Segment Start: Information supplied
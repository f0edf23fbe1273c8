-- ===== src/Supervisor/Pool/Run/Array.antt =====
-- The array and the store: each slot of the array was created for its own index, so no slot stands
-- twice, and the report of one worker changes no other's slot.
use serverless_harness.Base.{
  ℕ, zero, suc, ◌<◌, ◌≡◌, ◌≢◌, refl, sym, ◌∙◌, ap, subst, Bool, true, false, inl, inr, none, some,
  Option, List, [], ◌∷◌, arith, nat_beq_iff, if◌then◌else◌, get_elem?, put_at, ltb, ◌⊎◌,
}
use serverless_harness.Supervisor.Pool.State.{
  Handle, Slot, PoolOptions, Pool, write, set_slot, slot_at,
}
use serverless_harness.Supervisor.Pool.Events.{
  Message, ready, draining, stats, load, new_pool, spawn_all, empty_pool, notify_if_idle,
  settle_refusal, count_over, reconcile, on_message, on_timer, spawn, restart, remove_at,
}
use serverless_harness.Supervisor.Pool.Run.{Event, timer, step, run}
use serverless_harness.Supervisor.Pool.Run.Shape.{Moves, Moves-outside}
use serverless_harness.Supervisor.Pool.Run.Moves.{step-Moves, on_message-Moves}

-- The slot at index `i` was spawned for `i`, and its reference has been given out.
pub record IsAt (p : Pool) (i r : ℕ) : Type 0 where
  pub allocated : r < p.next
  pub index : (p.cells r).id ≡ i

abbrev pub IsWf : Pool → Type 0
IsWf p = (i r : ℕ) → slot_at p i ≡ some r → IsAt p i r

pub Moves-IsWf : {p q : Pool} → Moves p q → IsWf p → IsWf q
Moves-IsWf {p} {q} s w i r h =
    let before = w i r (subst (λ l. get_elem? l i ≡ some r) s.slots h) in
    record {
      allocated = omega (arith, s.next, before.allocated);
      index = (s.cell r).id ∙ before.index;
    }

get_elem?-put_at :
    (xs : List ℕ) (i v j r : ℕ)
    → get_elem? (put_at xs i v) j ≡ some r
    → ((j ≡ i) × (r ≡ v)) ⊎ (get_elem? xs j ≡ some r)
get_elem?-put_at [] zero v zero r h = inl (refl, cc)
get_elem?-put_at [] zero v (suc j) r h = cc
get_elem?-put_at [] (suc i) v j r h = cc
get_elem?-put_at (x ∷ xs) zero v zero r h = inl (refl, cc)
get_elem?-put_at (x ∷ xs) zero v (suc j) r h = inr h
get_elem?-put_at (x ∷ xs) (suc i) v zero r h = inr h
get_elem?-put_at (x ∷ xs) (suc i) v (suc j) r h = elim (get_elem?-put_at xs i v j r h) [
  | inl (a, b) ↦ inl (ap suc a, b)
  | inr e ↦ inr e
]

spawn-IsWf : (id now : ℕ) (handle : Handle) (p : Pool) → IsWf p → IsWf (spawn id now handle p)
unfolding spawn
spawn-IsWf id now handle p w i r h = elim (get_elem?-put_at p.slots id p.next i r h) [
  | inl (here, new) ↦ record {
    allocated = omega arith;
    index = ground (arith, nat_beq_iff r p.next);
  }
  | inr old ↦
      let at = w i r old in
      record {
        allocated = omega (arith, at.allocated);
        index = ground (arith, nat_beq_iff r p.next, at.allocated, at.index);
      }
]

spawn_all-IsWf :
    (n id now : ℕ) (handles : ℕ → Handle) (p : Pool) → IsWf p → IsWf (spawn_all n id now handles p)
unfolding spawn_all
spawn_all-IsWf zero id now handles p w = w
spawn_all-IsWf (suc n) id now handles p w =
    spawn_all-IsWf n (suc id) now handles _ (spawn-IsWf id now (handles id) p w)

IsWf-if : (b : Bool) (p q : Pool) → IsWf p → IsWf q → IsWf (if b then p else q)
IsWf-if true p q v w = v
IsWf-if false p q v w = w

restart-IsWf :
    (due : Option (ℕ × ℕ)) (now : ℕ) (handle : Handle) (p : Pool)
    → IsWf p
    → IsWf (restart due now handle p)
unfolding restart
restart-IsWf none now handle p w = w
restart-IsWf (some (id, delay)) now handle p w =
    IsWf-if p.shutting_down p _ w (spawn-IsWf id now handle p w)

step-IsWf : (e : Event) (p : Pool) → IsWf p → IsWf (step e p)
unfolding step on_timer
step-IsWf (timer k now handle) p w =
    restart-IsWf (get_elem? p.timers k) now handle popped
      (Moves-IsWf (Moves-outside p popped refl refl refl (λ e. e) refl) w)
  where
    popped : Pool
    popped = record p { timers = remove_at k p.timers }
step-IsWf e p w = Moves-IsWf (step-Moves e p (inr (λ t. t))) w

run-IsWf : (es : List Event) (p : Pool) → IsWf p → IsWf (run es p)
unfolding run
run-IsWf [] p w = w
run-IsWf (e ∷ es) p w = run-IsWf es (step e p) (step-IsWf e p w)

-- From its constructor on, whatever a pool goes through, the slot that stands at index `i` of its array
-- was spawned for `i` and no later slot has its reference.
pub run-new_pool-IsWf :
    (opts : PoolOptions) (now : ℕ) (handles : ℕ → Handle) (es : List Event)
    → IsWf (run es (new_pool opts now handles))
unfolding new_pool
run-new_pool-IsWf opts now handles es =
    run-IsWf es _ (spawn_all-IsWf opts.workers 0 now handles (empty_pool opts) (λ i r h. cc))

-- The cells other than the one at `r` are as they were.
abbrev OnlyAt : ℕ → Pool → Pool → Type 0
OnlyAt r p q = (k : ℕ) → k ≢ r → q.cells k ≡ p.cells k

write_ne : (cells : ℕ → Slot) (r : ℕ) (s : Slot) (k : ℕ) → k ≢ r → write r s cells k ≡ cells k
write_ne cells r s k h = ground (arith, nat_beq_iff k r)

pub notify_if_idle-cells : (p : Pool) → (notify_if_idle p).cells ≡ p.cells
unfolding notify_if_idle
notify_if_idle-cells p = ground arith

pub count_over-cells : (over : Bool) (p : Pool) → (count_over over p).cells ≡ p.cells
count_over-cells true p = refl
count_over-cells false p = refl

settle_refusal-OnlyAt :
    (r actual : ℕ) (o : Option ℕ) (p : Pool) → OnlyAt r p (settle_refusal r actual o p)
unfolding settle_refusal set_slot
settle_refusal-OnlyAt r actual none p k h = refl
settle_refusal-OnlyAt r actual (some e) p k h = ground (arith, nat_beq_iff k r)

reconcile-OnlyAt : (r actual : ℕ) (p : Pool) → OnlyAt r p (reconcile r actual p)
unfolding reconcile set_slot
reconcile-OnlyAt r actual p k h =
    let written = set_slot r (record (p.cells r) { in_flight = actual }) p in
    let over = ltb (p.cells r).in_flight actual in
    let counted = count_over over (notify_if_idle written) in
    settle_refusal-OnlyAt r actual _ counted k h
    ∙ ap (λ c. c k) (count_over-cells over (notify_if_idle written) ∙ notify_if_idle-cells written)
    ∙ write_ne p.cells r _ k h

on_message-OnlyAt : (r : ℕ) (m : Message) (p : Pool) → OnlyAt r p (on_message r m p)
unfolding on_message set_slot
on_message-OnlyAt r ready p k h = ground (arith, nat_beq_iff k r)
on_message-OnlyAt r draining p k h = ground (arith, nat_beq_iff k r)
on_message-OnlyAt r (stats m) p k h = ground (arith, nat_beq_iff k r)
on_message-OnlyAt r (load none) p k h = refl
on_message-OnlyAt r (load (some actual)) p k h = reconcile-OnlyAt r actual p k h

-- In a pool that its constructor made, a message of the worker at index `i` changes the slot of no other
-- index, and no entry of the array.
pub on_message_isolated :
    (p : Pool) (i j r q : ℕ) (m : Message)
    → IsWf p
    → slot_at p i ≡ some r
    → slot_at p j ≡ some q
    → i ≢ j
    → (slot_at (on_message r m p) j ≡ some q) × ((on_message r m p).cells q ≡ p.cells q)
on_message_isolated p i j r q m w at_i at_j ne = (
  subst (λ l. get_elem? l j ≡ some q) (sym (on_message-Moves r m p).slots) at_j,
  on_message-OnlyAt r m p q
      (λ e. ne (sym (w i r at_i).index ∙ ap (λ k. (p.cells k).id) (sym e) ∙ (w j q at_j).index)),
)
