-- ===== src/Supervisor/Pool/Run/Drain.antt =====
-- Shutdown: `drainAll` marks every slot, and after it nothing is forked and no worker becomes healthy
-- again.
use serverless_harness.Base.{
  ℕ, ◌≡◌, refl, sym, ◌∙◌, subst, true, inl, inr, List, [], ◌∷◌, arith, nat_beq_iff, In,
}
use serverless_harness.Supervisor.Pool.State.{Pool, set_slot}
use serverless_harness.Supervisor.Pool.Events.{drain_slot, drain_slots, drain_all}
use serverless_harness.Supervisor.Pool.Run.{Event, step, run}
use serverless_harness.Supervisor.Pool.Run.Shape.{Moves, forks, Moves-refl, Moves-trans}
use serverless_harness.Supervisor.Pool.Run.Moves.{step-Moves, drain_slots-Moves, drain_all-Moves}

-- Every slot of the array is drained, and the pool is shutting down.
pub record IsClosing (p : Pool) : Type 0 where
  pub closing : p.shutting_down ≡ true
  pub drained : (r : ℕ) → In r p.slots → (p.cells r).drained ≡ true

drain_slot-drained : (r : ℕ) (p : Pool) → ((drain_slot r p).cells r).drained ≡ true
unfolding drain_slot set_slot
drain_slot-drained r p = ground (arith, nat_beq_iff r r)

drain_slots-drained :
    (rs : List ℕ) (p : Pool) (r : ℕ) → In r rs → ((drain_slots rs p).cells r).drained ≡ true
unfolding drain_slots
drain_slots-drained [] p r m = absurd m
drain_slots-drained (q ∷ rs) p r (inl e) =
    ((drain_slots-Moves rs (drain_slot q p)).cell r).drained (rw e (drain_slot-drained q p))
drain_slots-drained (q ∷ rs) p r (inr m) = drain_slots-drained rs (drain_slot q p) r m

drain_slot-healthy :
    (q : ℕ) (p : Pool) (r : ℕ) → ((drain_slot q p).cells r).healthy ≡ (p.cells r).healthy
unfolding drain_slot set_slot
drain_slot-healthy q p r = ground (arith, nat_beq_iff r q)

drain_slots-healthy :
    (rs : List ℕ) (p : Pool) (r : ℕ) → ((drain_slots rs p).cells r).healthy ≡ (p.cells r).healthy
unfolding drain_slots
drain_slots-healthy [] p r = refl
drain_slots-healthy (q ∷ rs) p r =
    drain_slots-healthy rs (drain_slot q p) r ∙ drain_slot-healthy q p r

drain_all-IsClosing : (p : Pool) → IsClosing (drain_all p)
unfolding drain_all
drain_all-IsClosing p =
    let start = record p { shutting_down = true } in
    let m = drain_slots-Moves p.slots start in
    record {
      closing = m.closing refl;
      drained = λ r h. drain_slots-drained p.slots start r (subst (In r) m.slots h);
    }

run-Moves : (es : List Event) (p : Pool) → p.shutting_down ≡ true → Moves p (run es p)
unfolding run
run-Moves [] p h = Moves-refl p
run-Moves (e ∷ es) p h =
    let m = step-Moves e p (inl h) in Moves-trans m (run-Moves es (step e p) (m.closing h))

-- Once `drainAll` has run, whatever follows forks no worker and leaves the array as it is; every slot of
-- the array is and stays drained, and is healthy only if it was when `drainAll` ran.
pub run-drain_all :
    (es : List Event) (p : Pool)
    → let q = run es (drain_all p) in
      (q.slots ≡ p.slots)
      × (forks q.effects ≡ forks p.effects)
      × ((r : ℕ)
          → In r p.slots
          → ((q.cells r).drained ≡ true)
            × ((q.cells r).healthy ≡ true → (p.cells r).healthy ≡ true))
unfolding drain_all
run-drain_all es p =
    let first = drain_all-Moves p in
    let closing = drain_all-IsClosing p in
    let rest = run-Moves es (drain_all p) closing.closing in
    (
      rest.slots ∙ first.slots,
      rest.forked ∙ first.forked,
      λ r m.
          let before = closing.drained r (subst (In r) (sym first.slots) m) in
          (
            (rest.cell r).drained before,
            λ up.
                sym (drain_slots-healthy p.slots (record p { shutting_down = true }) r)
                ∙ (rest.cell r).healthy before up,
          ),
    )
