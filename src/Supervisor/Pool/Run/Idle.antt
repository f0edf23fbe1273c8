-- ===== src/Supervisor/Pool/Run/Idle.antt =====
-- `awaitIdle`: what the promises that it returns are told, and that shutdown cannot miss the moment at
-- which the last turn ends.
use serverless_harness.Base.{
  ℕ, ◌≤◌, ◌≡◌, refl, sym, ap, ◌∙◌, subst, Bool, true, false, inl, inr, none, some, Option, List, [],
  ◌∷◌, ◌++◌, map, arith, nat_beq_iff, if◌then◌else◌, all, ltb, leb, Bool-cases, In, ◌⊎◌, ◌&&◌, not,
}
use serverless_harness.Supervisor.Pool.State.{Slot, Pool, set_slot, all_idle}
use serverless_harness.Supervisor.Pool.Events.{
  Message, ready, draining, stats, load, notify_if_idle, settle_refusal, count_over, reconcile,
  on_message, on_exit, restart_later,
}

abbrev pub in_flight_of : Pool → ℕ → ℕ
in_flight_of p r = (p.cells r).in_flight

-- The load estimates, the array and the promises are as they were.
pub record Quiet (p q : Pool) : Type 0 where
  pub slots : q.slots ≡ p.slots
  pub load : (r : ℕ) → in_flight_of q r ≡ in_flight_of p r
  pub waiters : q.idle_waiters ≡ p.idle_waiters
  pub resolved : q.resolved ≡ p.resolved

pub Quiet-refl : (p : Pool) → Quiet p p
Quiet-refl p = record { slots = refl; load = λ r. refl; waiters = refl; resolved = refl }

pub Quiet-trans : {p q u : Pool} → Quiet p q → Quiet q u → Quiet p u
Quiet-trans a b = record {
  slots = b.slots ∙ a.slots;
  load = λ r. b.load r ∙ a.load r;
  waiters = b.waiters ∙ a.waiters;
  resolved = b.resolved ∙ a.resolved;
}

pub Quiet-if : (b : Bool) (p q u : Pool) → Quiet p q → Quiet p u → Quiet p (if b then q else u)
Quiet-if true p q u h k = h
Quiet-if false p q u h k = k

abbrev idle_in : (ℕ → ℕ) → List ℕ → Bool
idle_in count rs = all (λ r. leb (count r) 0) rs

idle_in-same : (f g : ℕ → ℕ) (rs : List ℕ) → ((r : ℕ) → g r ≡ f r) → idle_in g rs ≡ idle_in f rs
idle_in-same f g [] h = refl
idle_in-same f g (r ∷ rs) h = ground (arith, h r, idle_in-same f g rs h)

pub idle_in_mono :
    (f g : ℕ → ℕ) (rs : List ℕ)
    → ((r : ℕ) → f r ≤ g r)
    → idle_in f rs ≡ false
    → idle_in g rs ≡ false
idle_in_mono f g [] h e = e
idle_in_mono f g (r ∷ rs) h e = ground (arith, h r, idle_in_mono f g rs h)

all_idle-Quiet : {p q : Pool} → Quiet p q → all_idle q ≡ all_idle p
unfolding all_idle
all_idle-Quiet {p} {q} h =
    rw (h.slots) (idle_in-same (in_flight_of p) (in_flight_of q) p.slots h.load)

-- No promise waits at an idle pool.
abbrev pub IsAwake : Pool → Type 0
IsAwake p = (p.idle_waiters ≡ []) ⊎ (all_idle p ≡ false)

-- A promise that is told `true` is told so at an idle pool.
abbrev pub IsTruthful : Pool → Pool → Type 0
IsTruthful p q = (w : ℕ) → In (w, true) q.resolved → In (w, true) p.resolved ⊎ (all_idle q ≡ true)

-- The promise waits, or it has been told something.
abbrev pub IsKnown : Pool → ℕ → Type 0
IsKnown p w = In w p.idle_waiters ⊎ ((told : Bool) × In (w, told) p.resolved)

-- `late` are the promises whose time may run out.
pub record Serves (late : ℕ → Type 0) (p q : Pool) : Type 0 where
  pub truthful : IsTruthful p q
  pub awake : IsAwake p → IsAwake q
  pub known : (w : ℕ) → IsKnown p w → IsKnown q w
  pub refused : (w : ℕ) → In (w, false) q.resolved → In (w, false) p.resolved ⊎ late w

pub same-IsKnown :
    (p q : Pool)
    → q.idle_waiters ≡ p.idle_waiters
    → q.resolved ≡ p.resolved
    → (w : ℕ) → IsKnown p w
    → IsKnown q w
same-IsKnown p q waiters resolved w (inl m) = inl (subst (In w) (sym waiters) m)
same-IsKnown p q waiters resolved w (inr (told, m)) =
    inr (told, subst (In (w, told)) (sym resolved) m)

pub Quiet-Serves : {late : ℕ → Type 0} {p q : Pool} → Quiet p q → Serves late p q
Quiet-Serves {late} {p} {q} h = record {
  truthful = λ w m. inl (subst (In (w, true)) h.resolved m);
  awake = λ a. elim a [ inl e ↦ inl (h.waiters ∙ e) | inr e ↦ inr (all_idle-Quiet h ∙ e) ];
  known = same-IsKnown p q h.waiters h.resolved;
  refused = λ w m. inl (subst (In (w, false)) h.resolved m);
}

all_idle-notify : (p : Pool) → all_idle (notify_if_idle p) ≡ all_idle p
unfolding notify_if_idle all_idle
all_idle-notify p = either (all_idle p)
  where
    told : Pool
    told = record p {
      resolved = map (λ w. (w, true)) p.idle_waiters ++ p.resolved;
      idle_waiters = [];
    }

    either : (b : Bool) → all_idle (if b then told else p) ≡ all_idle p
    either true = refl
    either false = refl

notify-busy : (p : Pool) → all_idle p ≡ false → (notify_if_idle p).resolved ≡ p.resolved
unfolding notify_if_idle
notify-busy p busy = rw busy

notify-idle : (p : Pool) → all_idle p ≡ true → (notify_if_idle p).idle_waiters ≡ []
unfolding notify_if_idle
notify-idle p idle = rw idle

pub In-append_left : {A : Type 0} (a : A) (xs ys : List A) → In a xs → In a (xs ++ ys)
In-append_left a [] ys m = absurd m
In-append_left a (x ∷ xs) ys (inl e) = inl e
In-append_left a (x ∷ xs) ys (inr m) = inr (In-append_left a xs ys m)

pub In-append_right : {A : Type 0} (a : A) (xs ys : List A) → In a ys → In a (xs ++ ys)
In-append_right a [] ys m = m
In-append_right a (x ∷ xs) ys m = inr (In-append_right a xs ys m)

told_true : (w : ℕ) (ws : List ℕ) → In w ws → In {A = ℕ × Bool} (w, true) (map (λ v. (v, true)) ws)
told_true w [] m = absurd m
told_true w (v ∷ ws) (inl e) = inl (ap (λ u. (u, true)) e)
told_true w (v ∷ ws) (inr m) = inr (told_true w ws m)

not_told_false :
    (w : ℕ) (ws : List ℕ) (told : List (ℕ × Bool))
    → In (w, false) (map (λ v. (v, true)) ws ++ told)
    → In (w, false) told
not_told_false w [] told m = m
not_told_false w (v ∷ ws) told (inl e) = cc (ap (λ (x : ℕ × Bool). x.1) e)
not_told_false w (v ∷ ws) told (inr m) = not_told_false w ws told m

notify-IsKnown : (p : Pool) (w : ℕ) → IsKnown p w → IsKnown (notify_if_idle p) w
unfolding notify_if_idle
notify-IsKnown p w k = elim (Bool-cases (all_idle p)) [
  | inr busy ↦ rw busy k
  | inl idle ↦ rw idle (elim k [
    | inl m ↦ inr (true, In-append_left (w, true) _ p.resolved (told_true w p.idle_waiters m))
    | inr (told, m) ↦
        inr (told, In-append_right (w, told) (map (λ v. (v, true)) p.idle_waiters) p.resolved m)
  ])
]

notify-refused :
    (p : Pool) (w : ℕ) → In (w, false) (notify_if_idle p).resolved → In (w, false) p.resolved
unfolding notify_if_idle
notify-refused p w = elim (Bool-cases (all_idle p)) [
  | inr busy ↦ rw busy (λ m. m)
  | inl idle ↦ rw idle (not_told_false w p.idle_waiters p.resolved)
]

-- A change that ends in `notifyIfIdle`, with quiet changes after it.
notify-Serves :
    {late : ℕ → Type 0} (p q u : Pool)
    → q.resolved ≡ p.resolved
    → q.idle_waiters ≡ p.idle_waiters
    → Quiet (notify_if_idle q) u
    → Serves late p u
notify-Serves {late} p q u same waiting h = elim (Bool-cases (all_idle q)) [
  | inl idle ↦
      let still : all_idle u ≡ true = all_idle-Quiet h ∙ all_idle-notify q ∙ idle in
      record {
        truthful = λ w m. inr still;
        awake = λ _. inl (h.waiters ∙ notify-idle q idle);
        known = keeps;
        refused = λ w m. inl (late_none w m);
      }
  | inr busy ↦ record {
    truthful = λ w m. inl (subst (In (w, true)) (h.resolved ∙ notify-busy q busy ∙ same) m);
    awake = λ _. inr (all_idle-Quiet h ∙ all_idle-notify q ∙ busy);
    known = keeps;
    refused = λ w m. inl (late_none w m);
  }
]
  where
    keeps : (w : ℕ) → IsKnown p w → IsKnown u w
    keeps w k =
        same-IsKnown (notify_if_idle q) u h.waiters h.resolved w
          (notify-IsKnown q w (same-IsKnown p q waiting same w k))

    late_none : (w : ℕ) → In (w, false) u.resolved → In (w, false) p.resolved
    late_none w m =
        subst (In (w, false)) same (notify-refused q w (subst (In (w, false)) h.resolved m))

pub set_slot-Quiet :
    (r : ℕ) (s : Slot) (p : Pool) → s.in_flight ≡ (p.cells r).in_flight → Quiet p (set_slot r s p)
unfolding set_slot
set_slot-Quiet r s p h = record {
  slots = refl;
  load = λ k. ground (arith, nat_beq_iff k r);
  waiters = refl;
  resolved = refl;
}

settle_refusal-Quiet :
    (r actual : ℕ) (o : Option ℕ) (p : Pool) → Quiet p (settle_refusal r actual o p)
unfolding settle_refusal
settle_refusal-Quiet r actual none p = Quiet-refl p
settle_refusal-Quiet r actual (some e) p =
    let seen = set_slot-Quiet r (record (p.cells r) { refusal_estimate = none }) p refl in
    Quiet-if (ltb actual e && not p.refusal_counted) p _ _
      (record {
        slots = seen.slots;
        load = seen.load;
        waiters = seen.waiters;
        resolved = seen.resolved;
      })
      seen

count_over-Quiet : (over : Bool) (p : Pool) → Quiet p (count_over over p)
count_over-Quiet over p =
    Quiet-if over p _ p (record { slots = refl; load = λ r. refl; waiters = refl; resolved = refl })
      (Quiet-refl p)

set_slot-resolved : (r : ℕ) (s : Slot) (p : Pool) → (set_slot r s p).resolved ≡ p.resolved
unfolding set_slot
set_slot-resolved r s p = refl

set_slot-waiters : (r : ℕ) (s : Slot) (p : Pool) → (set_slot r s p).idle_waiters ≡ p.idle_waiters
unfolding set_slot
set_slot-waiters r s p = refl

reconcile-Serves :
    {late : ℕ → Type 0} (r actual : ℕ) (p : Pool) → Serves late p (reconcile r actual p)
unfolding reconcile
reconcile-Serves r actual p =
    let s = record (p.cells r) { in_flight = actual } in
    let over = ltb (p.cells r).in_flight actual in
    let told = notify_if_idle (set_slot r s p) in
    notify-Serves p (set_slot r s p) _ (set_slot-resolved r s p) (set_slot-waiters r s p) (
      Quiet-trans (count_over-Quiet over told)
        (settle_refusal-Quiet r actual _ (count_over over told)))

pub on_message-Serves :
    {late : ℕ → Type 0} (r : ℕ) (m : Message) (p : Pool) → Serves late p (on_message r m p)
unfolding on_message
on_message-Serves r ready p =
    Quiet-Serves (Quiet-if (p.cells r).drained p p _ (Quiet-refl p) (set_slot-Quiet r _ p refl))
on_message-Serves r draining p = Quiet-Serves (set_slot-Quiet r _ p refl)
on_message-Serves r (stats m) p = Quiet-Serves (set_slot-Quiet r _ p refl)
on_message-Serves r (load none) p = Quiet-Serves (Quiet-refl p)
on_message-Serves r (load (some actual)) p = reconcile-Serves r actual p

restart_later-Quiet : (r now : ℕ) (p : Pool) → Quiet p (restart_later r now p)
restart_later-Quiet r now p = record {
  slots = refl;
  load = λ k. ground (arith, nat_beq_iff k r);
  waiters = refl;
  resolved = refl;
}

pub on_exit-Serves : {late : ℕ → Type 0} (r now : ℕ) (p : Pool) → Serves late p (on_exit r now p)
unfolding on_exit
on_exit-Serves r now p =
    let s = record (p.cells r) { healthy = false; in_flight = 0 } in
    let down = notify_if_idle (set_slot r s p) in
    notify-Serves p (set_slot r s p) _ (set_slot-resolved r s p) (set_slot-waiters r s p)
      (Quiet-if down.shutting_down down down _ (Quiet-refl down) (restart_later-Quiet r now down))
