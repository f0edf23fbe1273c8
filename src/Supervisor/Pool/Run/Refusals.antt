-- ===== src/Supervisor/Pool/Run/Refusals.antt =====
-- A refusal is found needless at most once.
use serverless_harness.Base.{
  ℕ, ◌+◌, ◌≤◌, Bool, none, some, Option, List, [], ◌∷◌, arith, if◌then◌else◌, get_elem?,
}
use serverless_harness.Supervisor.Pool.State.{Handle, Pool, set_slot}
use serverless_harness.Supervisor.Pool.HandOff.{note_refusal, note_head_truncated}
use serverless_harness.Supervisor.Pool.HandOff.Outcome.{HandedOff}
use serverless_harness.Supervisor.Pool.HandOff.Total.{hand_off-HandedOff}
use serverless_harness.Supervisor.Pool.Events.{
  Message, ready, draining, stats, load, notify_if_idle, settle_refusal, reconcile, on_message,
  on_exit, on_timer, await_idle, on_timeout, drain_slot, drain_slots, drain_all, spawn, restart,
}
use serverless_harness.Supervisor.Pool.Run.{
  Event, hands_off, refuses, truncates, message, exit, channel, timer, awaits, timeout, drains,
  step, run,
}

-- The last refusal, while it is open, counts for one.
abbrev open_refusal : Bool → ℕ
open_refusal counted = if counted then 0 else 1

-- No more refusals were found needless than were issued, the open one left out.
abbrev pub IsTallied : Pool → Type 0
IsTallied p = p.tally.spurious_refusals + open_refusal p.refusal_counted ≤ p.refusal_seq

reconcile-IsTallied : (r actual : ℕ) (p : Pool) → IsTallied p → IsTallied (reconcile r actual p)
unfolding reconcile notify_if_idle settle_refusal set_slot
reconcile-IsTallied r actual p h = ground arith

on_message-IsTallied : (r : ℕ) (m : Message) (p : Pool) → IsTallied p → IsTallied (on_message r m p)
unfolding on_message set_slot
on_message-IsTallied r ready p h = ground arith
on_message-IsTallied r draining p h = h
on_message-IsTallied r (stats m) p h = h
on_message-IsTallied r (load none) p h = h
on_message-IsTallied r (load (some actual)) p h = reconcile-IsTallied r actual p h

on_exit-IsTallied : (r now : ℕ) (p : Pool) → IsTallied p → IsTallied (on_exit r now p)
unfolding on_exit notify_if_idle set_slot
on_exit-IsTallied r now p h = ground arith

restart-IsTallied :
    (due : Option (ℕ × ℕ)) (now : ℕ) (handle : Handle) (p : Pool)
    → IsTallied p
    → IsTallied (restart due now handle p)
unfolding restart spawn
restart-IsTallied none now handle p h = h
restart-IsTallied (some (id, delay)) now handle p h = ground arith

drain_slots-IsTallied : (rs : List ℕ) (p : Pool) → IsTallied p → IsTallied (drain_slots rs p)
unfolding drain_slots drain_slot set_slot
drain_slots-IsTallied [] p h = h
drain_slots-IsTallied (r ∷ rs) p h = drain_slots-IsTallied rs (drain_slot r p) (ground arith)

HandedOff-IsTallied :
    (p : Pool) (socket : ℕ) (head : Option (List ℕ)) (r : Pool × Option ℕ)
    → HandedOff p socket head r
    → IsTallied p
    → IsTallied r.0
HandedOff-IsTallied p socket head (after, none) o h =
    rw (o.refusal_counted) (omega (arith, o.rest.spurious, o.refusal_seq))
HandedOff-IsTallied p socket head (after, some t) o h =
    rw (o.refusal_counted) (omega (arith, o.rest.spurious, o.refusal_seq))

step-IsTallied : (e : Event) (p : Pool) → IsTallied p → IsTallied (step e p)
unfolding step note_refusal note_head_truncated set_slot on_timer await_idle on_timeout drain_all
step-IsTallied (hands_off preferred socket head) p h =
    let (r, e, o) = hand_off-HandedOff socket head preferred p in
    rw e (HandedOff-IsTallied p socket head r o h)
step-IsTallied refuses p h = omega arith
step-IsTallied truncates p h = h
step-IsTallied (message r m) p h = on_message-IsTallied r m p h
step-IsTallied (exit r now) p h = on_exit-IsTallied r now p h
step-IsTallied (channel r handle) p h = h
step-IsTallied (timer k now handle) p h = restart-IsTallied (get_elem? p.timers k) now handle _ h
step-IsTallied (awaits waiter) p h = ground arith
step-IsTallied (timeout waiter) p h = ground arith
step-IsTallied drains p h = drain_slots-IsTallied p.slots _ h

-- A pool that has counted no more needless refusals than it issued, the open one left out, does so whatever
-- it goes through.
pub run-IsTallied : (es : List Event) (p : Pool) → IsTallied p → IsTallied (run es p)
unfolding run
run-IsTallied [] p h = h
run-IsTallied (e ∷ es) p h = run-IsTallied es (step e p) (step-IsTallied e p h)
Segment End: Information supplied
What to produce:
Copy the records above faithfully. Begin at their first line, end at the line containing "allocated = omega (arith, s.next, before.allocated);", and include nothing else.

Answer to this task:
repository f0edf23fbe1273c8
-- ===== src/Supervisor/Pool/Run/Array.antt =====
-- The array and the store: each slot of the array was created for its own index, so no slot stands
-- twice, and the report of one worker changes no other's slot.
use serverless_harness.Base.{
  ℕ, zero, suc, ◌<◌, ◌≡◌, ◌≢◌, refl, sym, ◌∙◌, ap, subst, Bool, true, false, inl, inr, none, some,
  Option, List, [], ◌∷◌, arith, nat_beq_iff, if◌then◌else◌, get_elem?, put_at, ltb, ◌⊎◌,
}
use serverless_harness.Supervisor.Pool.State.{
  Handle, Slot, PoolOptions, Pool, write, set_slot, slot_at,
}
use serverless_harness.Supervisor.Pool.Events.{
  Message, ready, draining, stats, load, new_pool, spawn_all, empty_pool, notify_if_idle,
  settle_refusal, count_over, reconcile, on_message, on_timer, spawn, restart, remove_at,
}
use serverless_harness.Supervisor.Pool.Run.{Event, timer, step, run}
use serverless_harness.Supervisor.Pool.Run.Shape.{Moves, Moves-outside}
use serverless_harness.Supervisor.Pool.Run.Moves.{step-Moves, on_message-Moves}

-- The slot at index `i` was spawned for `i`, and its reference has been given out.
pub record IsAt (p : Pool) (i r : ℕ) : Type 0 where
  pub allocated : r < p.next
  pub index : (p.cells r).id ≡ i

abbrev pub IsWf : Pool → Type 0
IsWf p = (i r : ℕ) → slot_at p i ≡ some r → IsAt p i r

pub Moves-IsWf : {p q : Pool} → Moves p q → IsWf p → IsWf q
Moves-IsWf {p} {q} s w i r h =
    let before = w i r (subst (λ l. get_elem? l i ≡ some r) s.slots h) in
    record {
      allocated = omega (arith, s.next, before.allocated);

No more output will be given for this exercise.